TODO: The # character also marks the beginning of a comment
Near-formal Definitions for Virtual Attributes
The following definitions are similar to those for attribute types, except that no OID is assigned to them, because they are not intended to be sent over network connections.

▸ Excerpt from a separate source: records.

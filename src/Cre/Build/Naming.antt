-- ===== src/Cre/Build/Naming.antt =====
-- controllers/cre/controller.go, line 113: the name of the PipelineRun of a
-- CustomRuntimeEnvironment, and a reader of such names.
use meteor_operator.Prelude.{
  ℕ, String, Option, none, some, some-injective, ◌≡◌, refl, sym, ap, ◌∙◌, ◌==◌, format_int, sprintf,
  if◌then◌else◌,
}
use Prim.Native.String
use text.Mathlib.TextLemmas.{append_assoc, append-nil, append_cancel_left}
use meteor_operator.Prelude.Dashes.{dashless, cut_last, cut_last-append}
use meteor_operator.Prelude.Numerals.RoundTrip.{
  parse_int, parse_int-format_int, dashless-format_int,
}
use meteor_operator.Api.Cre.{
  BuildType, import_image, package_list, git_repository, other, CustomRuntimeEnvironment,
}
use meteor_operator.Cre.Build.{pipeline_of, run_name}

-- The pipeline is the last word, and `package-list` is the last two.
abbrev restore_list : Option (String × String) → Option (String × String)
restore_list none = none
restore_list (some (before, last)) = some (before, String.◌++◌ last "-list")

abbrev cut_pipeline : Option (String × String) → Option (String × String)
cut_pipeline none = none
cut_pipeline (some (before, last)) =
    if last == "list" then restore_list (cut_last before) else some (before, last)

abbrev read_generation : String → String → Option ℕ → Option (String × ℕ × String)
read_generation title pipeline none = none
read_generation title pipeline (some n) = some (title, n, pipeline)

abbrev cut_generation : String → Option (String × String) → Option (String × ℕ × String)
cut_generation pipeline none = none
cut_generation pipeline (some (title, digits)) = read_generation title pipeline (parse_int digits)

abbrev cut_title : Option (String × String) → Option (String × ℕ × String)
cut_title none = none
cut_title (some (before, pipeline)) = cut_generation pipeline (cut_last before)

-- "cre-" with the name, the generation and the pipeline that stand in the name of a PipelineRun.
unfoldable pub parse_run_name : String → Option (String × ℕ × String)
parse_run_name s = cut_title (cut_pipeline (cut_last s))

-- The name without its last word.
abbrev pub title_of : CustomRuntimeEnvironment → String
title_of cre = String.◌++◌ "cre-" cre.meta.name

abbrev pub stem_of : CustomRuntimeEnvironment → String
stem_of cre = String.◌++◌ (title_of cre) (String.◌++◌ "-" (format_int cre.meta.generation))

pub run_name-stem :
    (cre : CustomRuntimeEnvironment)
    → run_name cre ≡ String.◌++◌ (stem_of cre) (String.◌++◌ "-" (pipeline_of cre.spec.build_type))
unfolding run_name sprintf
run_name-stem cre =
    rw
      (
        append-nil (pipeline_of cre.spec.build_type),
        append_assoc (title_of cre) (String.◌++◌ "-" (format_int cre.meta.generation))
            (String.◌++◌ "-" (pipeline_of cre.spec.build_type)),
        append_assoc "-" (format_int cre.meta.generation)
            (String.◌++◌ "-" (pipeline_of cre.spec.build_type)),
        append_assoc "cre-" cre.meta.name (
            String.◌++◌ "-" (
              String.◌++◌ (format_int cre.meta.generation)
                (String.◌++◌ "-" (pipeline_of cre.spec.build_type)))),
      )
      refl

cut_pipeline-list :
    (stem : String)
    → cut_pipeline (cut_last (String.◌++◌ stem "-package-list")) ≡ some (stem, "package-list")
unfolding dashless
cut_pipeline-list stem =
    ap (λ s. cut_pipeline (cut_last s)) (sym (append_assoc stem "-package" "-list"))
    ∙ ap cut_pipeline (cut_last-append (String.◌++◌ stem "-package") "list" refl)
    ∙ ap restore_list (cut_last-append stem "package" refl)

cut_pipeline-append :
    (t : BuildType) (stem : String)
    → cut_pipeline (cut_last (String.◌++◌ stem (String.◌++◌ "-" (pipeline_of t))))
      ≡ some (stem, pipeline_of t)
unfolding dashless
cut_pipeline-append import_image stem = ap cut_pipeline (cut_last-append stem "import" refl)
cut_pipeline-append git_repository stem = ap cut_pipeline (cut_last-append stem "gitrepo" refl)
cut_pipeline-append (other _) stem = ap cut_pipeline (cut_last-append stem "" refl)
cut_pipeline-append package_list stem = cut_pipeline-list stem

cut_generation-stem :
    (cre : CustomRuntimeEnvironment) (p : String)
    → cut_generation p (cut_last (stem_of cre)) ≡ some (title_of cre, cre.meta.generation, p)
cut_generation-stem cre p =
    rw
      (
        cut_last-append (title_of cre) (format_int cre.meta.generation)
            (dashless-format_int cre.meta.generation),
        parse_int-format_int cre.meta.generation,
      )
      refl

-- Each part of a PipelineRun's name is read back from it.
pub parse_run_name-run_name :
    (cre : CustomRuntimeEnvironment)
    → parse_run_name (run_name cre)
      ≡ some
          (String.◌++◌ "cre-" cre.meta.name, cre.meta.generation, pipeline_of cre.spec.build_type)
unfolding parse_run_name
parse_run_name-run_name cre =
    rw (run_name-stem cre, cut_pipeline-append cre.spec.build_type (stem_of cre))
      (cut_generation-stem cre (pipeline_of cre.spec.build_type))

-- What two resources share when their PipelineRuns carry one name.
abbrev pub Agree : CustomRuntimeEnvironment → CustomRuntimeEnvironment → Type 0
Agree a b =
    (a.meta.name ≡ b.meta.name)
    × (a.meta.generation ≡ b.meta.generation)
    × (pipeline_of a.spec.build_type ≡ pipeline_of b.spec.build_type)

-- Two resources whose PipelineRuns carry the same name have the same name, the same generation and
-- the same pipeline.
pub run_name-injective : (a b : CustomRuntimeEnvironment) → run_name a ≡ run_name b → Agree a b
run_name-injective a b e =
    let parts =
      some-injective
        (sym (parse_run_name-run_name a) ∙ ap parse_run_name e ∙ parse_run_name-run_name b) in
    (
      append_cancel_left "cre-" a.meta.name b.meta.name (ap (λ p. p.0) parts),
      ap (λ p. p.1) parts,
      ap (λ p. p.2) parts,
    )
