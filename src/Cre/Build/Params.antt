-- ===== src/Cre/Build/Params.antt =====
-- The parameters of the PipelineRun, and what admission by the webhook means for them.
use meteor_operator.Prelude.{
  String, ◌≡◌, ◌≢◌, ◌⊎◌, Bool, true, not, ◌&&◌, Option, none, some, List, [], ◌∷◌, ◌==◌, any, find,
  arith,
}
use meteor_operator.Tekton.{Param, string_param}
use meteor_operator.Api.Cre.{CreSpec, CustomRuntimeEnvironment}
use meteor_operator.Api.Cre.Webhook.Laws.{IsComplete}
use meteor_operator.Cre.Build.{package_list_params, build_params, params}

-- No two parameters share a name.
abbrev pub names_distinct : List Param → Bool
names_distinct [] = true
names_distinct (p ∷ ps) = not (any (λ q. q.name == p.name) ps) && names_distinct ps

-- Whatever the resource, no two parameters of its run share a name.
pub params-names_distinct : (cre : CustomRuntimeEnvironment) → names_distinct (params cre) ≡ true
unfolding params build_params package_list_params
params-names_distinct cre = ground arith

-- The parameter of a name.
abbrev pub param : String → List Param → Option Param
param name ps = find (λ p. p.name == name) ps

-- The run is given the base image and no runtime, or the complete runtime and no base image.
abbrev pub OneBaseGiven : CreSpec → List Param → Type 0
OneBaseGiven spec ps =
    ((param "baseImage" ps ≡ some (string_param "baseImage" spec.base_image))
      × (spec.base_image ≢ "")
      × (param "osName" ps ≡ none)
      × (param "osVersion" ps ≡ none)
      × (param "pythonVersion" ps ≡ none))
    ⊎ ((param "baseImage" ps ≡ none)
        × IsComplete spec.runtime_environment
        × (param "osName" ps ≡ some (string_param "osName" spec.runtime_environment.os_name))
        × (param "osVersion" ps
            ≡ some (string_param "osVersion" spec.runtime_environment.os_version))
        × (param "pythonVersion" ps
            ≡ some (string_param "pythonVersion" spec.runtime_environment.python_version)))
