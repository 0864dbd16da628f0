-- ===== src/Cre/Conditions.antt =====
-- What setting and removing conditions does to the truth of a condition type, on lists that are
-- keyed by type.
use meteor_operator.Prelude.{
  String, ◌≡◌, ◌≢◌, refl, sym, inl, inr, Bool, true, false, not, ◌||◌, Option, none, some, List, [],
  ◌∷◌, ◌==◌, All, arith, eq_iff, text-cases, if◌then◌else◌,
}
use meteor_operator.Kube.Conditions.{
  Condition, condition_true, find_condition, IsListMap, ConditionOps, AreConditionOps,
}
use meteor_operator.Api.Cre.Aggregate.{holds}

abbrev true_in : Option Condition → Bool
true_in none = false
true_in (some c) = c.status == condition_true

holds_absent : (t : String) (cs : List Condition) → All (λ d. d.type ≢ t) cs → holds t cs ≡ false
holds_absent t [] h = refl
holds_absent t (c ∷ cs) h = ground (arith, eq_iff c.type t, holds_absent t cs h.1)

holds-find :
    (t : String) (cs : List Condition) → IsListMap cs → holds t cs ≡ true_in (find_condition t cs)
holds-find t [] h = refl
holds-find t (c ∷ cs) h = elim (text-cases c.type t) [
  | inl e ↦ ground (arith, eq_iff c.type t, holds_absent t cs (rw (sym e) h.0))
  | inr n ↦ ground (arith, eq_iff c.type t, holds-find t cs h.1)
]

module _ {ops : ConditionOps} (laws : AreConditionOps ops) where
  open ops use {set_status_condition, remove_status_condition}

  pub holds-set :
      (t : String) (cs : List Condition) (c : Condition)
      → IsListMap cs
      → holds t (set_status_condition cs c)
        ≡ (if c.type == t then c.status == condition_true else holds t cs)
  holds-set t cs c h = ground (
    arith,
    holds-find t (set_status_condition cs c) (laws.set-IsListMap cs c h),
    holds-find t cs h,
    laws.find-set cs c t h,
  )

  pub holds-remove :
      (t u : String) (cs : List Condition)
      → IsListMap cs
      → holds t (remove_status_condition cs u) ≡ (if u == t then false else holds t cs)
  holds-remove t u cs h = ground (
    arith,
    holds-find t (remove_status_condition cs u) (laws.remove-IsListMap cs u h),
    holds-find t cs h,
    laws.find-remove cs u t h,
  )

-- A sequence of edits, none of which makes the type `t` untrue.
pub data Keeps (ops : ConditionOps) (t : String) (cs : List Condition)
    : List Condition → Type 0 where
  start : Keeps ops t cs cs
  set :
      {ds : List Condition}
      → Keeps ops t cs ds
      → (c : Condition) → (not (c.type == t) || c.status == condition_true) ≡ true
      → Keeps ops t cs (ops.set_status_condition ds c)
  remove :
      {ds : List Condition}
      → Keeps ops t cs ds
      → (u : String) → (u == t) ≡ false
      → Keeps ops t cs (ops.remove_status_condition ds u)

pub Keeps-if :
    {ops : ConditionOps} {t : String} {cs xs ys : List Condition} (b : Bool)
    → Keeps ops t cs xs
    → Keeps ops t cs ys
    → Keeps ops t cs (if b then xs else ys)
Keeps-if true k l = k
Keeps-if false k l = l

pub Keeps-IsListMap :
    {ops : ConditionOps} {t : String} {cs ds : List Condition}
    → AreConditionOps ops
    → IsListMap cs
    → Keeps ops t cs ds
    → IsListMap ds
Keeps-IsListMap laws h start = h
Keeps-IsListMap laws h (set {ds = es} k c p) = laws.set-IsListMap es c (Keeps-IsListMap laws h k)
Keeps-IsListMap laws h (remove {ds = es} k u p) =
    laws.remove-IsListMap es u (Keeps-IsListMap laws h k)

pub Keeps-holds :
    {ops : ConditionOps} {t : String} {cs ds : List Condition}
    → AreConditionOps ops
    → IsListMap cs
    → holds t cs ≡ true
    → Keeps ops t cs ds
    → holds t ds ≡ true
Keeps-holds laws h p start = p
Keeps-holds {t = t} laws h p (set {ds = es} k c q) =
    ground (arith, holds-set laws t es c (Keeps-IsListMap laws h k), Keeps-holds laws h p k)
Keeps-holds {t = t} laws h p (remove {ds = es} k u q) =
    ground (arith, holds-remove laws t u es (Keeps-IsListMap laws h k), Keeps-holds laws h p k)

Remember that Pulley changes the capitalisation of attribute names, so these
near-formal specifications reflect this in their NAME
fields.
The DCList
virtual attribute looks similar to RFC 4524’s
associatedDomain
attribute type definition:
NAME 'dCList'
EQUALITY caseIgnoreIA5Match
SUBSTR caseIgnoreIA5SubstringsMatch
SYNTAX 1.3.6.1.4.1.1466.115.121.1.26
The RDNList
virtual attribute looks similar to RFC 4524’s
associatedName
attribute type definition:
NAME 'rDNList'
EQUALITY distinguishedNameMatch
SYNTAX 1.3.6.1.4.1.1466.115.121.1.12
The RDN
virtual attribute looks similar to RFC 4524’s associatedName
attribute type definition:
NAME 'rDN'
EQUALITY distinguishedNameMatch
SYNTAX 1.3.6.1.4.1.1466.115.121.1.12
See RFC 4517 for syntaxes and matching rules.